Adolfo Rodríguez

Personal information
- Full name: Adolfo Rodríguez Barreto
- Date of birth: 11 October 1917
- Place of birth: Colonia del Sacramento, Uruguay
- Date of death: 18 July 1994 (aged 76)
- Place of death: Santiago, Chile
- Position: Defender

Youth career
- Peñarol

Senior career*
- Years: Team / Apps / (Gls)
- 1937–1939: Peñarol
- 1940: Racing Montevideo
- 1941: Peñarol
- 1942–1944: Racing Montevideo
- 1945: Fluminense / 6 / (0)
- 1946: Bonsucesso
- 1947: Pelotas
- 1948–1950: Santiago Wanderers
- 1951: Green Cross
- 1952–1956: Everton
- 1957: Deportes La Serena

Managerial career
- 1958–1959: Deportes La Serena
- 1961: Ñublense
- 1962: Deportes La Serena
- 1963–1966: Rangers
- 1967: Everton
- 1968: Palestino
- 1970: Deportes Ovalle
- 1972: Palestino
- 1973: Deportes Ovalle
- 1974: San Luis
- 1974: Santiago Wanderers
- 1975–1976: Rangers
- 1976: Audax Italiano
- 1978: Deportes Ovalle
- 1979: Trasandino
- 1981: Deportes Ovalle
- 1984: Iván Mayo [es]

= Adolfo Rodríguez (footballer) =

Uruguayan football player and manager

Adolfo Rodríguez Barreto (11 October 1917 – 18 July 1994) was a Uruguayan football back and manager.

==Playing career==
A defender, Rodríguez started his career in his homeland with Peñarol and Racing Club de Montevideo.

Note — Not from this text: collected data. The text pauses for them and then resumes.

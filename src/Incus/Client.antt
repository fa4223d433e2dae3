-- ===== src/Incus/Client.antt =====
-- incus.py: the commands of `Incus` and its queries.
pub mod Access
use derico_sandbox.Config.Load.{str_of}
use derico_sandbox.Errors.{
  Error, Result, bad_instances, bad_network_feature, bad_projects, bad_state, broken_lookup, err,
  incus_error, is_admin, not_confined, not_restricted, ok, probe_failed,
}
use derico_sandbox.Incus.Values.{dict_of, elements, find_named, named_records, names_of}
use derico_sandbox.Incus.Version.{Version, acl_project_lookup_is_broken, parse_server_version}
use derico_sandbox.Json.{Value, fields, null, obj}
use derico_sandbox.Platform.{Platform}
use derico_sandbox.Prelude.{
  Bool, List, Option, String, [], all, any, contains, false, if◌then◌else◌, map, nat_Eq, none, not,
  some, string_Eq, true, ℕ, ◌&&◌, ◌<>◌, ◌==◌, ◌||◌, ◌∷◌,
}
use derico_sandbox.Prelude.Decimal.{show}
use derico_sandbox.Prelude.Dict.{Dict, get, values}
use derico_sandbox.Prelude.Text.{has_text, strip}
use derico_sandbox.Errors
use derico_sandbox.System.{
  Action, Output, System, failed, lift, return, run, throw, throw_if, when, ◌>>=◌, ◌>>◌,
}

-- `CONTROL_TIMEOUT`, in milliseconds
abbrev pub control_timeout : Option ℕ
control_timeout = some 30000

abbrev pub creds_volume : String
creds_volume = "sandboxsh-agent-creds"

-- `result.stderr.strip() or result.stdout.strip() or unknown`
unfoldable pub detail_of : String → Output → String
detail_of unknown r =
    if not (strip r.stderr == "")
    then strip r.stderr
    else if not (strip r.stdout == "")
    then strip r.stdout
    else unknown

abbrev pub no_detail : String
no_detail = "unknown Incus error"

abbrev pub probe_error : String → Output → Error
probe_error label r = incus_error (probe_failed label (detail_of no_detail r))

-- `f"{key}={value}"`
abbrev pub setting : String × String → String
setting (k, v) = k <> "=" <> v

abbrev pub is_some {ℓ} : {A : Type ℓ} → Option A → Bool
is_some none = false
is_some (some a) = true

abbrev is_member : Option String → List String → Bool
is_member none members = false
is_member (some user) members = contains members user

abbrev named : String → Option String → Bool
named expected none = false
named expected (some n) = n == expected

abbrev not_null : Option Value → Option Value
not_null (some null) = none
not_null v = v

-- `str(environment.get("server_version", ""))`
abbrev version_text : Platform → Option Value → String
version_text platform none = ""
version_text platform (some v) = str_of platform v

-- `expected in names and (admin_override or names == {expected})`
unfoldable pub is_confined : String → Bool → List (Option String) → Bool
is_confined expected override names =
    any (named expected) names && (override || all (named expected) names)

abbrev status_of : Option (Dict String Value) → Option Value
status_of none = none
status_of (some entry) = not_null (get entry "status")

-- The version, if the daemon can enforce an ACL or its version is not known.
unfoldable pub enforceable : Option Version → Result (Option Version)
enforceable none = ok none
enforceable (some (a, b, c)) =
    if acl_project_lookup_is_broken (a, b, c)
    then err (incus_error (broken_lookup (a ∷ b ∷ c ∷ [])))
    else ok (some (a, b, c))

unfoldable pub environment_version : System → Option Value → Result (Option Version)
environment_version system (some (obj fs)) =
    parse_server_version system (version_text system.platform (get (fields fs) "server_version"))
environment_version system _ = ok none

module _ (system : System) where
  -- `self.project`
  abbrev pub project : String
  project = "user-" <> show system.uid

  abbrev pub incus_argv : List String → List String
  incus_argv args = "incus" ∷ "--force-local" ∷ "--project" ∷ project ∷ args

  -- `Incus.command`
  abbrev pub command : List String → Bool → Option ℕ → Action Output
  command args check timeout = run system (incus_argv args) check timeout

  -- A command that is checked, and whose output is not read.
  abbrev pub call : List String → Action (Unit {0})
  call args = command args true none >>= λ out. return tt

  abbrev pub decoded : Error → Option Value → Action Value
  decoded raised none = throw raised
  decoded raised (some v) = return v

  abbrev parse_json : String → Error → Action Value
  parse_json s raised = decoded raised (system.loads s)

  abbrev output_text : Output → String
  output_text r = system.lower (r.stdout <> "\n" <> r.stderr)

  -- `_not_found`
  unfoldable pub not_found : Output → Bool
  not_found r = has_text (output_text r) "not found" || has_text (output_text r) "doesn't exist"

  -- `_already_exists`
  unfoldable pub already_exists : Output → Bool
  already_exists r = has_text (output_text r) "already exists"

  -- `payload.get("environment")`, and its version
  unfoldable pub version_of : Value → Result (Option Version)
  version_of payload =
      Errors.◌>>=◌ (dict_of payload) λ entry. environment_version system (get entry "environment")

  abbrev pub reported : Option Value → Action (Option Version)
  reported none = return none
  reported (some payload) = lift (version_of payload)

  -- `Incus.server_version`
  unfoldable pub server_version : Action (Option Version)
  server_version = do
    r ← command ("query" ∷ "/1.0" ∷ []) false control_timeout
    if failed r then return none else reported (system.loads r.stdout)

  -- `Incus.verify_acl_enforcement`
  unfoldable pub verify_acl_enforcement : Action (Option Version)
  verify_acl_enforcement = do version ← server_version; lift (enforceable version)

  unfoldable pub is_admin_user : Bool
  is_admin_user = elim system.admin_group [
    | none ↦ false
    | some (gid, members) ↦ contains system.groups gid || is_member system.user members
  ]

  -- `Incus.verify_host_access`
  unfoldable pub verify_host_access : Action String
  verify_host_access = do
    throw_if (is_admin_user && not system.allow_admin) (incus_error is_admin)
    r ← command ("project" ∷ "list" ∷ "--format=json" ∷ []) true control_timeout
    projects ← parse_json r.stdout (incus_error bad_projects)
    names ← lift (Errors.◌>>=◌ (elements projects) names_of)
    throw_if (not (is_confined project system.allow_admin names)) (incus_error not_confined)
    restricted ← command ("project" ∷ "get" ∷ project ∷ "restricted" ∷ []) true control_timeout
    throw_if (not (strip restricted.stdout == "true")) (incus_error not_restricted)
    feature ← command ("project" ∷ "get" ∷ project ∷ "features.networks" ∷ []) true control_timeout
    throw_if (not (contains ("" ∷ "false" ∷ []) (strip feature.stdout)))
        (incus_error bad_network_feature)
    version ← verify_acl_enforcement
    return project

  -- `Incus._instance_record`
  unfoldable pub instance_record : String → Action (Option (Dict String Value))
  instance_record instance_ = do
    r ← command ("list" ∷ instance_ ∷ "--format=json" ∷ []) false control_timeout
    throw_if (failed r) (probe_error ("instance " <> instance_) r)
    listing ← parse_json r.stdout (incus_error (bad_state instance_))
    lift (Errors.◌>>=◌ (elements listing) (find_named instance_))

  -- `Incus.exists`
  unfoldable pub instance_exists : String → Action Bool
  instance_exists instance_ = do record_ ← instance_record instance_; return (is_some record_)

  -- A query that succeeds, fails as not found, or fails otherwise: `image_exists`, `volume_exists`.
  abbrev probe : List String → String → Action Bool
  probe args label = do
    r ← command args false none
    throw_if (failed r && not (not_found r)) (probe_error label r)
    return (not (failed r))

  unfoldable pub image_exists : String → Action Bool
  image_exists image = probe ("image" ∷ "info" ∷ image ∷ []) ("image " <> image)

  unfoldable pub volume_exists : String → Action Bool
  volume_exists volume =
      probe ("storage" ∷ "volume" ∷ "show" ∷ system.pool ∷ volume ∷ [])
        ("storage volume " <> system.pool <> "/" <> volume)

  -- `Incus.list_instances`
  unfoldable pub list_instances : String → Action (List (Dict String Value))
  list_instances prefix = do
    r ← command ("list" ∷ prefix ∷ "--format=json" ∷ []) false none
    throw_if (failed r) (probe_error ("instances " <> prefix <> "*") r)
    records ← parse_json r.stdout (incus_error bad_instances)
    vs ← lift (elements records)
    return (named_records system.platform prefix vs)

  unfoldable pub copy_instance : String → String → Action (Unit {0})
  copy_instance source target = call ("copy" ∷ source ∷ target ∷ [])

  unfoldable pub rename : String → String → Action (Unit {0})
  rename source target = call ("rename" ∷ source ∷ target ∷ [])

  -- `Incus.delete_instance`
  unfoldable pub delete : String → Bool → Action (Unit {0})
  delete instance_ check = do
    r ← command ("delete" ∷ instance_ ∷ "--force" ∷ []) check none
    return tt

  -- `Incus.set_config`
  unfoldable pub write_config : String → Dict String String → Action (Unit {0})
  write_config instance_ values = call ("config" ∷ "set" ∷ instance_ ∷ map setting values)

  -- `Incus.image_property`
  unfoldable pub image_property : String → String → Action (Option String)
  image_property image property = do
    r ← command ("image" ∷ "get-property" ∷ image ∷ property ∷ []) false none
    throw_if (failed r && not (not_found r))
        (probe_error ("image " <> image <> " property " <> property) r)
    return (if failed r then none else some (strip r.stdout))

  -- `Incus.publish`
  unfoldable pub publish_image : String → String → Dict String String → Action (Unit {0})
  publish_image instance_ alias properties =
      call ("publish" ∷ instance_ ∷ "--alias" ∷ alias ∷ "--reuse" ∷ map setting properties)

  -- `Incus.ensure_credentials_volume`
  unfoldable pub ensure_credentials_volume : Action (Unit {0})
  ensure_credentials_volume = do
    there ← volume_exists creds_volume
    when (not there) (call ("storage" ∷ "volume" ∷ "create" ∷ system.pool ∷ creds_volume ∷ []))

  -- `Incus.instance_status`: JSON's null is `None`
  unfoldable pub instance_status : String → Action (Option Value)
  instance_status instance_ = do record_ ← instance_record instance_; return (status_of record_)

From 1945 to 1947, he played in Brazil for Fluminense, Bonsucesso and Pelotas.

Moving to Chile in 1948, Rodríguez spent seasons with Santiago Wanderers, Green Cross and Everton de Viña del Mar in the top division and ended his career with Deportes La Serena winning the 1957 Segunda División.

==Coaching career==
As a football manager, Rodríguez developed all his career in Chile. In Chilean Primera División, he led Deportes La Serena, Rangers de Talca, Everton de Viña del Mar, Palestino and Santiago Wanderers.

In Chilean Segunda División, Rodríguez coached Ñublense, Deportes Ovalle, Palestino, San Luis de Quillota, Audax Italiano, Trasandino and Iván Mayo.

Rodríguez won the 1972 Segunda División with Palestino.